(Data to examine begins)

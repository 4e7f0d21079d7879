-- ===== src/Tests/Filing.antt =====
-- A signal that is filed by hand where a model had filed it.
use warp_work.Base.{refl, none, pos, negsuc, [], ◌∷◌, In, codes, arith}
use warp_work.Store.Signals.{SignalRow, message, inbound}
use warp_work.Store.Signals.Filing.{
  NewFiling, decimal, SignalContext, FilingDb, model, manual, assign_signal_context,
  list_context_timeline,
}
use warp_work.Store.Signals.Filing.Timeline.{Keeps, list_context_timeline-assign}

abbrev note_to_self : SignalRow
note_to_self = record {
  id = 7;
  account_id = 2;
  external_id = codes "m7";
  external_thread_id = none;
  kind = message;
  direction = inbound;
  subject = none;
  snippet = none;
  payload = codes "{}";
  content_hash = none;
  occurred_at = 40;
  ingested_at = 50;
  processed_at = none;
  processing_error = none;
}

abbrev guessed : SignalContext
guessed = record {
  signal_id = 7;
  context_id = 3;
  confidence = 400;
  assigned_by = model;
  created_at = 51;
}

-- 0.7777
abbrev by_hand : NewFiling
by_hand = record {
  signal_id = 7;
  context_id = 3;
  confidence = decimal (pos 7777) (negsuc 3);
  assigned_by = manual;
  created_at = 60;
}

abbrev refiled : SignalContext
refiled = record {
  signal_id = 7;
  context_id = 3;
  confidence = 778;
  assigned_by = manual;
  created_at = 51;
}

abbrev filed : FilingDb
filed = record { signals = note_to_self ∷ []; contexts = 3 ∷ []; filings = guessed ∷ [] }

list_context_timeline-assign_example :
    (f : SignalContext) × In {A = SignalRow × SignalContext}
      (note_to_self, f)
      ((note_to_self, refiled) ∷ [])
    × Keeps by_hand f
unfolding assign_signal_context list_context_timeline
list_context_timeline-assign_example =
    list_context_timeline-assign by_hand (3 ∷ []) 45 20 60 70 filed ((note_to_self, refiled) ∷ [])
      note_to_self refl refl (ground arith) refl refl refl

(Data to examine ends)
(Data to examine begins)

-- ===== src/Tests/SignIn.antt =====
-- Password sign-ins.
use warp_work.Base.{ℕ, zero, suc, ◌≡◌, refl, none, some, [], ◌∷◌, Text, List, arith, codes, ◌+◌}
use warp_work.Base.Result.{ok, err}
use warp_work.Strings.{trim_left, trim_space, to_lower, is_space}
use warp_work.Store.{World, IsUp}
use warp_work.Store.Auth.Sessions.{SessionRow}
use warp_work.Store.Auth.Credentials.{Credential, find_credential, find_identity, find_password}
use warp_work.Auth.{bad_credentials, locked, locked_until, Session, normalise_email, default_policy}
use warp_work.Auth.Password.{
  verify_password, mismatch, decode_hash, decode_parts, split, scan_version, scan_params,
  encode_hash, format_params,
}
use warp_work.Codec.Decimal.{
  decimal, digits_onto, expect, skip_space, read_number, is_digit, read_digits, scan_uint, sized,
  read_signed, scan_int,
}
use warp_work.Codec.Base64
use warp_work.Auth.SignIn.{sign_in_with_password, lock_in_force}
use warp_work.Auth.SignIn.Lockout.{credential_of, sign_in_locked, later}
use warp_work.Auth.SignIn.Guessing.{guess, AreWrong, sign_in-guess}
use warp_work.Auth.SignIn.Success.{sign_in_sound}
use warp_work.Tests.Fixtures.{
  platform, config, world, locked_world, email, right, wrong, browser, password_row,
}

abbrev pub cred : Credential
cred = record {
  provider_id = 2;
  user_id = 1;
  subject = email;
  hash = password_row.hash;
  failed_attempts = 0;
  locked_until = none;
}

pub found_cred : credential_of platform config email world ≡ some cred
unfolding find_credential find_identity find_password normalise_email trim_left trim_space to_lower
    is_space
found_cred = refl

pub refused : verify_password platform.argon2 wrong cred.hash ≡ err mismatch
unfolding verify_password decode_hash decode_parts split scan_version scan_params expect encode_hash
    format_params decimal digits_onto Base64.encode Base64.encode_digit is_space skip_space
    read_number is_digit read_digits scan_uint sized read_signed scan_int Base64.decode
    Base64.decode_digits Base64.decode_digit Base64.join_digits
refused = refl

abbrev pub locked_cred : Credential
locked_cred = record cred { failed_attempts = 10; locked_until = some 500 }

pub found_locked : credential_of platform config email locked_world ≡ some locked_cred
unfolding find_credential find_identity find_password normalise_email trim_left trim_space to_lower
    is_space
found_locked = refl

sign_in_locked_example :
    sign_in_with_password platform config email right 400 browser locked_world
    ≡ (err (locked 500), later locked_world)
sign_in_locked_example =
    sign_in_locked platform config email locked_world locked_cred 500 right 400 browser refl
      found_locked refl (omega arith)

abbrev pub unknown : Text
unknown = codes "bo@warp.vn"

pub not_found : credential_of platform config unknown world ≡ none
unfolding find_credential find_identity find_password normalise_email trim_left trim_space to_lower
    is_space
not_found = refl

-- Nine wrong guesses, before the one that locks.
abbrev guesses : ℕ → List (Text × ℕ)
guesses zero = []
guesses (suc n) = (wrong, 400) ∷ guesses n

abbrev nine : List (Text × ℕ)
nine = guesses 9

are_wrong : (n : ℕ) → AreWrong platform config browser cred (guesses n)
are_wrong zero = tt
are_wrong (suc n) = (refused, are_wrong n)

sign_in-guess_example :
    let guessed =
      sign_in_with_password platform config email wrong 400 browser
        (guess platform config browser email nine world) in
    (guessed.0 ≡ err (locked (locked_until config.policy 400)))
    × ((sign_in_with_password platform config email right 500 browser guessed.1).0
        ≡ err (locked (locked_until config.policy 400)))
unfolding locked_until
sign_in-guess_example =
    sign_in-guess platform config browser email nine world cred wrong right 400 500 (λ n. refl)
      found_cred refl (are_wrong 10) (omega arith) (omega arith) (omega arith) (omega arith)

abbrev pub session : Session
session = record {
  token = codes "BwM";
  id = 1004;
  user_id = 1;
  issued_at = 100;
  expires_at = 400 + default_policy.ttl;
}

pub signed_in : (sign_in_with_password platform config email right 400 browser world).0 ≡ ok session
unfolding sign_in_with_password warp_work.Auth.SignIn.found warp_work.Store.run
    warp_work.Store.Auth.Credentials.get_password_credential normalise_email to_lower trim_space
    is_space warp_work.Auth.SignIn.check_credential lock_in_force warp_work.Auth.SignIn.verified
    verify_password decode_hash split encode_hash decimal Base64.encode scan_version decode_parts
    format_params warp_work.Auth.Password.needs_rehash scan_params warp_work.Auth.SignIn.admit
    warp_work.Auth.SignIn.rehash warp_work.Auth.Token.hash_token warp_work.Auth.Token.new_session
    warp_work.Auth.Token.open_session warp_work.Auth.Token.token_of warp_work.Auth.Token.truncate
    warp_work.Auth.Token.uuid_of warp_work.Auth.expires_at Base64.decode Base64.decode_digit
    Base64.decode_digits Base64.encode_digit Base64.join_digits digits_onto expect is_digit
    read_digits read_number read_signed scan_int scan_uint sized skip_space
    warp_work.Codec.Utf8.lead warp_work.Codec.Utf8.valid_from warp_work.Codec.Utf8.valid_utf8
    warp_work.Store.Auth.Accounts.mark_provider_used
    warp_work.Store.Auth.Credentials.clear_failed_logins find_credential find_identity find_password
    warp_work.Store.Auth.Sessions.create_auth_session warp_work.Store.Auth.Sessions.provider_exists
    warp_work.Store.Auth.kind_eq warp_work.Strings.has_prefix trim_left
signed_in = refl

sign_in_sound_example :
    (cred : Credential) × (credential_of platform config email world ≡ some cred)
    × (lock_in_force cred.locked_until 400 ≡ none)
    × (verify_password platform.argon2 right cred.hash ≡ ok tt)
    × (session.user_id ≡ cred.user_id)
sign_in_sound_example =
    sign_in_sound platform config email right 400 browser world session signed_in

(Data to examine ends)
(Data to examine begins)

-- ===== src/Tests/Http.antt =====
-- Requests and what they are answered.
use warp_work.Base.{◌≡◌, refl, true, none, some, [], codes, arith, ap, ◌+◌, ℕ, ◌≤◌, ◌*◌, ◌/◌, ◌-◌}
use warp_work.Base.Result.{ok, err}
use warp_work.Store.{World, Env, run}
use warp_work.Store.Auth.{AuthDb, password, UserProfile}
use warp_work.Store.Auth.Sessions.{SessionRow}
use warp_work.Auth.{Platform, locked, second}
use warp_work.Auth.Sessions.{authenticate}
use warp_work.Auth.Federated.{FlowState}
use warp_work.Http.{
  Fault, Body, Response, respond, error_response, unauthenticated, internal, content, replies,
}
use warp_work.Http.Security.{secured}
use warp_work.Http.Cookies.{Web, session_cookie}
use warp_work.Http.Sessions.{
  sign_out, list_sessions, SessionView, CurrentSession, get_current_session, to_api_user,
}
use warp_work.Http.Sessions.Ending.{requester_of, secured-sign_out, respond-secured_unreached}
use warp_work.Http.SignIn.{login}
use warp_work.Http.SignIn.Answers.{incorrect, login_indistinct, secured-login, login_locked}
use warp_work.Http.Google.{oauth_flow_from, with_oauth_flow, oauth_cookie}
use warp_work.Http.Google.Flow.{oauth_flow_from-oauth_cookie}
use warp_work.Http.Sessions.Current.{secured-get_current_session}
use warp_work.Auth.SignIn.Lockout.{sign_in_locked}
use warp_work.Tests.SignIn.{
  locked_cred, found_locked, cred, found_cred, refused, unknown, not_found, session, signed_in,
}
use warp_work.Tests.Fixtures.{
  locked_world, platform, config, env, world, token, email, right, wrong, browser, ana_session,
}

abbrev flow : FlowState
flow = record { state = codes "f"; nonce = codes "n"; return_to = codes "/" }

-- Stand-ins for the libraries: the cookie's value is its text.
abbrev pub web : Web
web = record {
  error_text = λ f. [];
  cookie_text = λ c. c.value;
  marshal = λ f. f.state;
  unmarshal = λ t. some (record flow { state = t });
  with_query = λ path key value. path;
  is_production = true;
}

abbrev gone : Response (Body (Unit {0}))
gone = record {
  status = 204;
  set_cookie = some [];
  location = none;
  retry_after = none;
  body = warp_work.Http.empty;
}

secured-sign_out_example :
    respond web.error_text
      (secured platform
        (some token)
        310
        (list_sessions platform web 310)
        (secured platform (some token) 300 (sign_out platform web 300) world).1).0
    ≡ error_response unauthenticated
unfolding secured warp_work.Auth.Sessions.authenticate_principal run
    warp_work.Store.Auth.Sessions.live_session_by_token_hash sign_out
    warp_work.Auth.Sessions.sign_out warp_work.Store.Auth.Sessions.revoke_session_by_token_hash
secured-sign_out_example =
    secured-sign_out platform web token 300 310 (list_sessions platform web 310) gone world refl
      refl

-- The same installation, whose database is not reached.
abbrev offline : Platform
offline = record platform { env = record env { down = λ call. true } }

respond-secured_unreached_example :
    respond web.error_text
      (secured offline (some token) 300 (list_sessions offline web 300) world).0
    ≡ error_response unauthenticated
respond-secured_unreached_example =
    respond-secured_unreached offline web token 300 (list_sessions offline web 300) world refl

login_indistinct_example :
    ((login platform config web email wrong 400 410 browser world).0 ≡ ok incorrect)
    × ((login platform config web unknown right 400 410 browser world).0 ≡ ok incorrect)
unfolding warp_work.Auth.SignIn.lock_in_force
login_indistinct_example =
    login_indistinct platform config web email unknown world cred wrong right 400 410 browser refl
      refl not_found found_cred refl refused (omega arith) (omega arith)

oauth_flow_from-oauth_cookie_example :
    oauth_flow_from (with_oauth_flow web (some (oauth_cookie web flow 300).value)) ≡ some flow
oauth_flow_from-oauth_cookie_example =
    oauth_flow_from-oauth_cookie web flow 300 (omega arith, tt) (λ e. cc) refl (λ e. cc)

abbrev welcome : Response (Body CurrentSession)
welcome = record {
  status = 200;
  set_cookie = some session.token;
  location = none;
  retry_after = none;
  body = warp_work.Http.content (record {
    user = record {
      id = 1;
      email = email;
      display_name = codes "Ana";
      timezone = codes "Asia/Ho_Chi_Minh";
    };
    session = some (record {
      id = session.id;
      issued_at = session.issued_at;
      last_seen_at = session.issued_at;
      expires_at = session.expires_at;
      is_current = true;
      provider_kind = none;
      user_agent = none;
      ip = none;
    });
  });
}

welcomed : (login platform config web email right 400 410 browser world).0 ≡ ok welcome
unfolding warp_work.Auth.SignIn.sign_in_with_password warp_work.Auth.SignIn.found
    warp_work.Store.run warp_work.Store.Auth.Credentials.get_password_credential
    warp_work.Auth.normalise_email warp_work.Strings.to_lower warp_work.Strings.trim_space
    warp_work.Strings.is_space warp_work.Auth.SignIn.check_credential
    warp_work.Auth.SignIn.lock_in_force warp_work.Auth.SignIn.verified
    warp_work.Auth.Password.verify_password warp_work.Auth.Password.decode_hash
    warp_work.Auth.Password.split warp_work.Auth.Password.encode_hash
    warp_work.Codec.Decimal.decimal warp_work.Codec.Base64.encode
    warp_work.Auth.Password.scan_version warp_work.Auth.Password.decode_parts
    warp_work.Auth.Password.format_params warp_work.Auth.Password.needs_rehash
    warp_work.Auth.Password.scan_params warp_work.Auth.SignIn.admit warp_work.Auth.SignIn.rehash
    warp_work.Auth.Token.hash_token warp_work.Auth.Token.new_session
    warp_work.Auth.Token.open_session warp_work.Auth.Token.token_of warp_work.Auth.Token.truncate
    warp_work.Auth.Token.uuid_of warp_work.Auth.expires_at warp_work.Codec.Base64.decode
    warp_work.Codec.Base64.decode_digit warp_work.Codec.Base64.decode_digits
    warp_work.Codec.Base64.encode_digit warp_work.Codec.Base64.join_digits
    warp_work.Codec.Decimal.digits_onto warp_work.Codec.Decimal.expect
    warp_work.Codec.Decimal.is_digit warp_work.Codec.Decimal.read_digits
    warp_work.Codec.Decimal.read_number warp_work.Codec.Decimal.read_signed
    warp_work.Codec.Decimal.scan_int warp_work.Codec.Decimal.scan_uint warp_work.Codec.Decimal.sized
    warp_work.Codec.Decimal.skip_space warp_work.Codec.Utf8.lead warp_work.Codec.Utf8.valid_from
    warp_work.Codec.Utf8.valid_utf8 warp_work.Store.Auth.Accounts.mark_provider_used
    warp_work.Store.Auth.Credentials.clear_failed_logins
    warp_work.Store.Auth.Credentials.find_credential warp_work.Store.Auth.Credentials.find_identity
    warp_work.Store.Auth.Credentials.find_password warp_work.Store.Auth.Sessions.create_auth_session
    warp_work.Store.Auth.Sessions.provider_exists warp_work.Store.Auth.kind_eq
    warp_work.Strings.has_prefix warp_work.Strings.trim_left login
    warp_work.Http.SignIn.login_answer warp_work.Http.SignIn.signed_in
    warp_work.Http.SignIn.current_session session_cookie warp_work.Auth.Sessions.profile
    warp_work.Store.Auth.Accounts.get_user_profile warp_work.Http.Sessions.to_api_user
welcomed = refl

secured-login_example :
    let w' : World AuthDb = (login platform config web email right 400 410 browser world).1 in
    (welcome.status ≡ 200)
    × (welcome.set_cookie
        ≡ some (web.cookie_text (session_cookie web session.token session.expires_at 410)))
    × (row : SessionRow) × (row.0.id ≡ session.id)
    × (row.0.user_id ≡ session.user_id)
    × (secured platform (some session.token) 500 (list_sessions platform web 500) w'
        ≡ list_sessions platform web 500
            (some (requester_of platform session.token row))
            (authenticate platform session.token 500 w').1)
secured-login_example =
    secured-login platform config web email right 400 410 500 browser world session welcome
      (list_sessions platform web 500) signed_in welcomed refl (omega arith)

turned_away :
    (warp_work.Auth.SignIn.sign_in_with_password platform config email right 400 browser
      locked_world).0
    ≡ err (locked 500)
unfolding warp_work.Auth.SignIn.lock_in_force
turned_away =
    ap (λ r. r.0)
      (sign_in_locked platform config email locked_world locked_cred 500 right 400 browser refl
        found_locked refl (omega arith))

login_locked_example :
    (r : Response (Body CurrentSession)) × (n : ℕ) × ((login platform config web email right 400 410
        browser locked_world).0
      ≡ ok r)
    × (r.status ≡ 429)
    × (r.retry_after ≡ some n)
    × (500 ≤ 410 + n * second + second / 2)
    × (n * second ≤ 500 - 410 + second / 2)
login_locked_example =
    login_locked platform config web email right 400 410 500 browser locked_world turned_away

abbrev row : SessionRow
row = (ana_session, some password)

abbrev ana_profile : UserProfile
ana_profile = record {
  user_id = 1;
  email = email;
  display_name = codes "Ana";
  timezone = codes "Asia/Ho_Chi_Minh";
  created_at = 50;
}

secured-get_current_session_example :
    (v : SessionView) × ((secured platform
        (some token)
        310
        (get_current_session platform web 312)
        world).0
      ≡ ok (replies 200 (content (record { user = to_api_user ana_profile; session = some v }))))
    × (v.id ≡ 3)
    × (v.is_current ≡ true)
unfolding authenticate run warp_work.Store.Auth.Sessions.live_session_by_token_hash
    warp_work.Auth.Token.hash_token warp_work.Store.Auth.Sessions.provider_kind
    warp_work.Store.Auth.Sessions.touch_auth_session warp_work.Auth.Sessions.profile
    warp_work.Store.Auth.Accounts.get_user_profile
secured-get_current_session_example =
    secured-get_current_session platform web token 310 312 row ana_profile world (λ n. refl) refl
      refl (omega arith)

(Data to examine ends)

— Problem details —
Answer with a single number: the count of lines in the records that contain "arith".

— Final answer —
11